▶ _Task prompt_: Look through the material below for "guard". Copy every line that contains it.

▶ _Provided entries_:
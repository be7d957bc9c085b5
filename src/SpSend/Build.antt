-- ===== src/SpSend/Build.antt =====
-- src/spsend.rs: the PSBTv2 that is made of BDK's v0 PSBT, and the v0 PSBT that a signed one becomes.
pub mod Laws
use kiss_bdk.Psbt.{
  TxOut, TxIn, Transaction, Psbt, Input, Output, V0Psbt, V0Input, V0Output, PublicKey, KeySource,
  RawKey, OutPoint,
}
use kiss_bdk.Bitcoin.{Bitcoin}
use kiss_bdk.Sp.{SilentPaymentAddress, sp_v0_info}
use kiss_bdk.SpSend.Placeholder.{SpOutput}
use kiss_bdk.SpSend.Strip.{strip_empty_output_scripts}
use kiss_bdk.Shared.Input.{new_output, outpoint, is_empty, unwrap_or}
use kiss_bdk.Common.{
  ℕ, zero, suc, refl, ◌≡◌, sym, ap, ◌∙◌, subst, inl, inr, some, none, Option, ok, err, Result, true,
  false, Bool, List, [], ◌∷◌, ◌++◌, map, arith, ◌>>=◌, ◌>>◌, Bytes, ◌+◌, ◌≤◌, ◌<◌, ◌⊎◌, ◌≢◌, insert,
  or_fail, if◌then◌else◌, guard, ◌==◌, length, context, ltb, ◌||◌, all, ◌&&◌,
}

pub data Error : Type 0 where
  index_out_of_range no_witness_utxo not_built not_stripped no_lock_time : Error
  unrecognised_fields cannot_flatten : ℕ → Error

-- `InputBuilder::new(&coin).segwit_fund(utxo).build()`: all else is absent.
abbrev pub funded_input : OutPoint → TxOut → Input
funded_input coin utxo = record {
  previous_txid = coin.txid;
  spent_output_index = coin.vout;
  sequence = none;
  min_time = none;
  min_height = none;
  non_witness_utxo = none;
  witness_utxo = some utxo;
  partial_sigs = [];
  tap_key_sig = none;
  sighash_type = none;
  bip32_derivations = [];
  tap_internal_key = none;
  tap_key_origins = [];
  sp_ecdh_shares = [];
  sp_dleq_proofs = [];
  final_script_sig = none;
  final_script_witness = none;
  tap_script_sigs = [];
  tap_scripts = [];
  proprietaries = [];
  unknowns = [];
}

abbrev pub compressed_derivations : List (Bytes × KeySource) → List (PublicKey × KeySource)
compressed_derivations source =
    map (λ entry. (record { compressed = true; inner = entry.0 }, entry.1)) source

-- Each key by its point; of two keys with one point the later stays.
unfoldable pub secp_from :
    List (Bytes × KeySource) → List (PublicKey × KeySource) → List (Bytes × KeySource)
secp_from found [] = found
secp_from found ((key, origin) ∷ source) = secp_from (insert key.inner origin found) source

abbrev pub secp_derivations : List (PublicKey × KeySource) → List (Bytes × KeySource)
secp_derivations source = secp_from [] source

-- One input of the PSBTv2, of the transaction's and the v0 PSBT's.
unfoldable pub build_input : TxIn → V0Input → Result Error Input
build_input txin input = do
  utxo ← or_fail input.witness_utxo no_witness_utxo
  ok (record (funded_input txin.previous_output utxo) {
    non_witness_utxo = input.non_witness_utxo;
    sequence = some txin.sequence;
    bip32_derivations = compressed_derivations input.bip32_derivation;
    unknowns = input.unknown;
  })

-- The loop over the two lists of inputs together.
unfoldable pub build_inputs : List TxIn → List V0Input → Result Error (List Input)
build_inputs (txin ∷ txins) (input ∷ inputs) = do
  built ← build_input txin input
  rest ← build_inputs txins inputs
  ok (built ∷ rest)
build_inputs _ _ = ok []

-- `sp_outputs.iter().find(|sp| sp.index == index)`
unfoldable pub find_sp : ℕ → List SpOutput → Option SpOutput
find_sp index [] = none
find_sp index (sp ∷ rest) = if sp.index == index then some sp else find_sp index rest

-- One output of the PSBTv2: a placeholder's script is left to the signer.
unfoldable pub build_output : List SpOutput → ℕ → TxOut → V0Output → Output
build_output sp_outputs index txout output =
    let built = record (new_output txout.value txout.script_pubkey) {
      bip32_derivations = compressed_derivations output.bip32_derivation;
    } in
    elim (find_sp index sp_outputs) as (λ x. Output) [
      | none ↦ built
      | some sp ↦ record built { script_pubkey = []; sp_v0_info = some (sp_v0_info sp.recipient) }
    ]

unfoldable pub build_outputs :
    List SpOutput → ℕ → List TxOut → List V0Output → Result Error (List Output)
build_outputs sp_outputs index [] outputs = ok []
build_outputs sp_outputs index (txout ∷ txouts) [] = err index_out_of_range
build_outputs sp_outputs index (txout ∷ txouts) (output ∷ outputs) = do
  rest ← build_outputs sp_outputs (suc index) txouts outputs
  ok (build_output sp_outputs index txout output ∷ rest)

unfoldable pub check_indices : ℕ → List SpOutput → Result Error (Unit {0})
check_indices count [] = ok tt
check_indices count (sp ∷ rest) = do
  guard (ltb sp.index count) index_out_of_range
  check_indices count rest

-- The two fields of BIP-376, which a flattened PSBT has no use for.
abbrev pub psbt_in_sp_tweak : ℕ
psbt_in_sp_tweak = 0x20

abbrev pub psbt_in_sp_spend_bip32_derivation : ℕ
psbt_in_sp_spend_bip32_derivation = 0x1f

abbrev pub is_known : RawKey × Bytes → Bool
is_known pair =
    pair.0.type_value == psbt_in_sp_tweak || pair.0.type_value == psbt_in_sp_spend_bip32_derivation

-- Refuse an input with something that `to_v0` would drop.
unfoldable pub unsupported : ℕ → Input → Result Error (Unit {0})
unsupported index input = do
  guard (all is_known input.unknowns) (unrecognised_fields index)
  guard
      (is_empty input.tap_script_sigs && is_empty input.tap_scripts && is_empty input.proprietaries)
      (cannot_flatten index)

-- `Sequence::ENABLE_RBF_NO_LOCKTIME`
abbrev pub flat_txin : Input → TxIn
flat_txin input = record {
  previous_output = outpoint input;
  sequence = unwrap_or input.sequence 0xfffffffd;
  witness = [];
}

abbrev pub flat_txout : Output → TxOut
flat_txout output = record { value = output.amount; script_pubkey = output.script_pubkey }

-- What a v0 input takes over.
abbrev pub flat_input : Input → V0Input
flat_input input = record {
  non_witness_utxo = none;
  witness_utxo = input.witness_utxo;
  partial_sigs = input.partial_sigs;
  tap_key_sig = input.tap_key_sig;
  bip32_derivation = secp_derivations input.bip32_derivations;
  final_script_sig = input.final_script_sig;
  final_script_witness = input.final_script_witness;
  unknown = [];
}

unfoldable pub flat_inputs : ℕ → List Input → Result Error (List V0Input)
flat_inputs index [] = ok []
flat_inputs index (input ∷ inputs) = do
  unsupported index input
  rest ← flat_inputs (suc index) inputs
  ok (flat_input input ∷ rest)

abbrev pub flat_output : Output → V0Output
flat_output output = record { bip32_derivation = secp_derivations output.bip32_derivations }

module _ (b : Bitcoin) where
  -- Rebuild a v0 PSBT. `Psbt::from_unsigned_tx` gives an empty map for each input and output, and
  -- refuses only a transaction with witnesses, which this one has not.
  unfoldable pub to_v0 : Psbt → Result Error V0Psbt
  to_v0 v2 = do
    lock_time ←
        or_fail
          (b.determine_lock_time v2.global.fallback_lock_time
            (map (λ input. (input.min_time, input.min_height)) v2.inputs))
          no_lock_time
    inputs ← flat_inputs 0 v2.inputs
    ok (record {
      unsigned_tx = record {
        version = v2.global.tx_version;
        lock_time = lock_time;
        input = map flat_txin v2.inputs;
        output = map flat_txout v2.outputs;
      };
      inputs = inputs;
      outputs = map flat_output v2.outputs;
    })

-- psbt-v2's `Constructor::updater` and `Psbt::serialize` are the two parameters.
module _ (updater : Psbt → Option Psbt) (serialize : Psbt → Bytes) where
  -- `build_v2` up to the PSBT that it serializes. The constructor is open to inputs and outputs.
  unfoldable pub assemble : V0Psbt → List SpOutput → Result Error Psbt
  assemble psbt sp_outputs = do
    let tx = psbt.unsigned_tx
    check_indices (length tx.output) sp_outputs
    inputs ← build_inputs tx.input psbt.inputs
    outputs ← build_outputs sp_outputs 0 tx.output psbt.outputs
    or_fail
        (updater (record {
          global = record {
            tx_version = tx.version;
            fallback_lock_time = some tx.lock_time;
            input_count = length inputs;
            output_count = length outputs;
            tx_modifiable_flags = 3;
            sp_ecdh_shares = [];
            sp_dleq_proofs = [];
            xpubs = [];
            proprietaries = [];
            unknowns = [];
          };
          inputs = inputs;
          outputs = outputs;
        }))
        not_built

  -- BDK's v0 PSBT as the PSBTv2 that a signer takes.
  unfoldable pub build_v2 : V0Psbt → List SpOutput → Result Error Bytes
  build_v2 psbt sp_outputs = do
    v2 ← assemble psbt sp_outputs
    context (strip_empty_output_scripts (serialize v2) (length psbt.unsigned_tx.input)) not_stripped

-- A PSBT of either version.
pub data AnyPsbt : Type 0 where
  v0 : V0Psbt → AnyPsbt
  v2 : Psbt → AnyPsbt

-- `AnyPsbt::parse`, over the two readers: the v0 reader rejects a v2.
unfoldable pub parse_any : (Bytes → Option V0Psbt) → (Bytes → Option Psbt) → Bytes → Option AnyPsbt
parse_any deserialize_v0 deserialize_v2 bytes = elim (deserialize_v0 bytes) [
  | some psbt ↦ some (v0 psbt)
  | none ↦ elim (deserialize_v2 bytes) [ some psbt ↦ some (v2 psbt) | none ↦ none ]
]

▶ _Output of the exercise_:
  or_fail, if◌then◌else◌, guard, ◌==◌, length, context, ltb, ◌||◌, all, ◌&&◌,
  guard (ltb sp.index count) index_out_of_range
  guard (all is_known input.unknowns) (unrecognised_fields index)
  guard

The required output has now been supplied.